● **Data records**
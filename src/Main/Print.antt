-- ===== src/Main/Print.antt =====
-- `print_processes` and `print_process` of kernel.c. A line printed is its numbers; the text that
-- `printf` makes of them is the C library's.
use ez_rtos.Base.{ℕ, ◌≡◌, none, List, [], ◌∷◌, arith, if◌then◌else◌, null}
use ez_rtos.PtrList.{Node, nodes}
use ez_rtos.Kernel.Types.{ProcessState, Pd, is_dead}
use ez_rtos.Kernel.State.{Kernel}
use ez_rtos.Kernel.Run.{M, pure, ◌>>=◌, load_pd, ok, fault}
use ez_rtos.Task.{find_process_by_pid}

pub record Row : Type 0 where
  pub pid : ℕ
  pub state : ProcessState
  pub pri : ℕ
  pub timeout : ℕ

abbrev pub row_of : Pd → Row
row_of d = record { pid = d.pid; state = d.state; pri = d.pri; timeout = d.request_timeout }

print_each : List Node → M (List Row)
print_each [] = pure []
print_each (n ∷ ns) = do
  d ← load_pd n.ptr
  rows ← print_each ns
  pure (if is_dead d.state then rows else row_of d ∷ rows)

unfoldable pub print_processes : M (List Row)
unfolding print_each
print_processes k = print_each (nodes k.tasks.list) k

-- The result of the search is not checked.
unfoldable pub print_process : ℕ → M Row
print_process pid = do p ← find_process_by_pid pid; d ← load_pd p; pure (row_of d)

-- Printing a task that does not exist faults, since no task lies at NULL.
print_process_unknown :
    (pid : ℕ) (k : Kernel)
    → find_process_by_pid pid k ≡ ok null k
    → k.tasks.cell null ≡ none
    → print_process pid k ≡ fault
unfolding print_process
print_process_unknown pid k h z = ground arith
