-- ===== src/Os/Objects.antt =====
-- The calls of p2/rtos/os.c on events, mutexes, semaphores and event groups.
use ez_rtos.Base.{ℕ, if◌then◌else◌}
use ez_rtos.Kernel.Types.{KernelRequest, Pd}
use ez_rtos.Kernel.Run.{M, pure, ◌>>=◌, ◌>>◌, get}
use ez_rtos.Mutex.{kernel_create_mutex}
use ez_rtos.Semaphore.{kernel_create_semaphore_direct}
use ez_rtos.Event.{kernel_create_event}
use ez_rtos.EventGroup.{kernel_create_event_group}
use ez_rtos.Os.{
  Outcome, entered, returned, ask, ask_if_active, reply, is_no_err, unless_max_object, unless_error,
}

unfoldable pub event_create : ℕ → M Outcome
unfolding kernel_create_event
event_create junk = do
  k ← get
  if k.kernel_active
      then (ask (λ d. record d { request = KernelRequest.e_create }) >> pure entered)
      else (do v ← kernel_create_event junk; v ← unless_max_object v; pure (returned v))

unfoldable pub event_create_reply : M ℕ
event_create_reply = reply >>= unless_max_object

unfoldable pub event_wait : ℕ → M Outcome
event_wait e = ask_if_active (λ d. record d {
  request = KernelRequest.e_wait;
  request_args = record (d.request_args) { arg0 = e };
})

unfoldable pub event_signal : ℕ → M Outcome
event_signal e = ask_if_active (λ d. record d {
  request = KernelRequest.e_signal;
  request_args = record (d.request_args) { arg0 = e };
})

unfoldable pub mutex_create : M Outcome
unfolding kernel_create_mutex
mutex_create = do
  k ← get
  if k.kernel_active
      then (ask (λ d. record d { request = KernelRequest.mut_create }) >> pure entered)
      else (do v ← kernel_create_mutex; v ← unless_max_object v; pure (returned v))

unfoldable pub mutex_create_reply : M ℕ
mutex_create_reply = reply >>= unless_max_object

-- `return (err > 0)? 0:1;`
unfoldable pub destroy_result : M ℕ
destroy_result = do k ← get; pure (if is_no_err k.err then 1 else 0)

-- The calls that destroy an object do nothing while the kernel is inactive, and then return by the
-- last error; `destroy_result` is also what follows their `Enter_Kernel`.
abbrev pub ask_or_result : (Pd → Pd) → M Outcome
unfolding destroy_result
ask_or_result f = do
  k ← get
  if k.kernel_active then (ask f >> pure entered) else (destroy_result >>= λ v. pure (returned v))

unfoldable pub mutex_destroy : ℕ → M Outcome
unfolding destroy_result
mutex_destroy m = ask_or_result (λ d. record d {
  request = KernelRequest.mut_destroy;
  request_args = record (d.request_args) { arg0 = m };
})

unfoldable pub mutex_lock : ℕ → M Outcome
mutex_lock m = ask_if_active (λ d. record d {
  request = KernelRequest.mut_lock;
  request_args = record (d.request_args) { arg0 = m };
})

unfoldable pub mutex_unlock : ℕ → M Outcome
mutex_unlock m = ask_if_active (λ d. record d {
  request = KernelRequest.mut_unlock;
  request_args = record (d.request_args) { arg0 = m };
})

unfoldable pub semaphore_create : ℕ → ℕ → M Outcome
unfolding kernel_create_semaphore_direct
semaphore_create initial_count is_binary = do
  k ← get
  if k.kernel_active
      then (ask (λ d. record d {
        request = KernelRequest.sem_create;
        request_args = record (d.request_args) { arg0 = initial_count; arg1 = is_binary };
      })
          >> pure entered)
      else (do
        v ← kernel_create_semaphore_direct initial_count is_binary
        v ← unless_error v
        pure (returned v))

unfoldable pub semaphore_create_reply : M ℕ
semaphore_create_reply = reply >>= unless_error

unfoldable pub semaphore_destroy : ℕ → M Outcome
unfolding destroy_result
semaphore_destroy s = ask_or_result (λ d. record d {
  request = KernelRequest.sem_destroy;
  request_args = record (d.request_args) { arg0 = s };
})

unfoldable pub semaphore_give : ℕ → ℕ → M Outcome
semaphore_give s amount = ask_if_active (λ d. record d {
  request = KernelRequest.sem_give;
  request_args = record (d.request_args) { arg0 = s; arg1 = amount };
})

unfoldable pub semaphore_get : ℕ → ℕ → M Outcome
semaphore_get s amount = ask_if_active (λ d. record d {
  request = KernelRequest.sem_get;
  request_args = record (d.request_args) { arg0 = s; arg1 = amount };
})

unfoldable pub event_group_create : M Outcome
unfolding kernel_create_event_group
event_group_create = do
  k ← get
  if k.kernel_active
      then (ask (λ d. record d { request = KernelRequest.eg_create }) >> pure entered)
      else (do v ← kernel_create_event_group; v ← unless_max_object v; pure (returned v))

unfoldable pub event_group_create_reply : M ℕ
event_group_create_reply = reply >>= unless_max_object

unfoldable pub event_group_destroy : ℕ → M Outcome
unfolding destroy_result
event_group_destroy eg = ask_or_result (λ d. record d {
  request = KernelRequest.eg_destroy;
  request_args = record (d.request_args) { arg0 = eg };
})

unfoldable pub event_group_set_bits : ℕ → ℕ → M Outcome
event_group_set_bits e bits_to_set = ask_if_active (λ d. record d {
  request = KernelRequest.eg_setbits;
  request_args = record (d.request_args) { arg0 = e; arg1 = bits_to_set };
})

unfoldable pub event_group_clear_bits : ℕ → ℕ → M Outcome
event_group_clear_bits e bits_to_clear = ask_if_active (λ d. record d {
  request = KernelRequest.eg_clearbits;
  request_args = record (d.request_args) { arg0 = e; arg1 = bits_to_clear };
})

unfoldable pub event_group_wait_bits : ℕ → ℕ → ℕ → ℕ → M Outcome
event_group_wait_bits e bits_to_wait wait_all_bits timeout = ask_if_active (λ d. record d {
  request = KernelRequest.eg_waitbits;
  request_args = record (d.request_args) { arg0 = e; arg1 = bits_to_wait; arg2 = wait_all_bits };
  request_timeout = timeout;
})

-- The identifier is not written: the request keeps the argument of the caller's last call.
unfoldable pub event_group_get_bits : ℕ → M Outcome
event_group_get_bits _ = ask_if_active (λ d. record d { request = KernelRequest.eg_getbits })

unfoldable pub event_group_get_bits_reply : M ℕ
event_group_get_bits_reply = reply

● **Work item**
From the entries above, print the lines beginning at the one with "request = KernelRequest.e_wait;" and stopping after the one with "request = KernelRequest.mut_create", exactly as written and with nothing else.

● **Answer to this exercise**
  request = KernelRequest.e_wait;
  request_args = record (d.request_args) { arg0 = e };
})

unfoldable pub event_signal : ℕ → M Outcome
event_signal e = ask_if_active (λ d. record d {
  request = KernelRequest.e_signal;
  request_args = record (d.request_args) { arg0 = e };
})

unfoldable pub mutex_create : M Outcome
unfolding kernel_create_mutex
mutex_create = do
  k ← get
  if k.kernel_active
      then (ask (λ d. record d { request = KernelRequest.mut_create }) >> pure entered)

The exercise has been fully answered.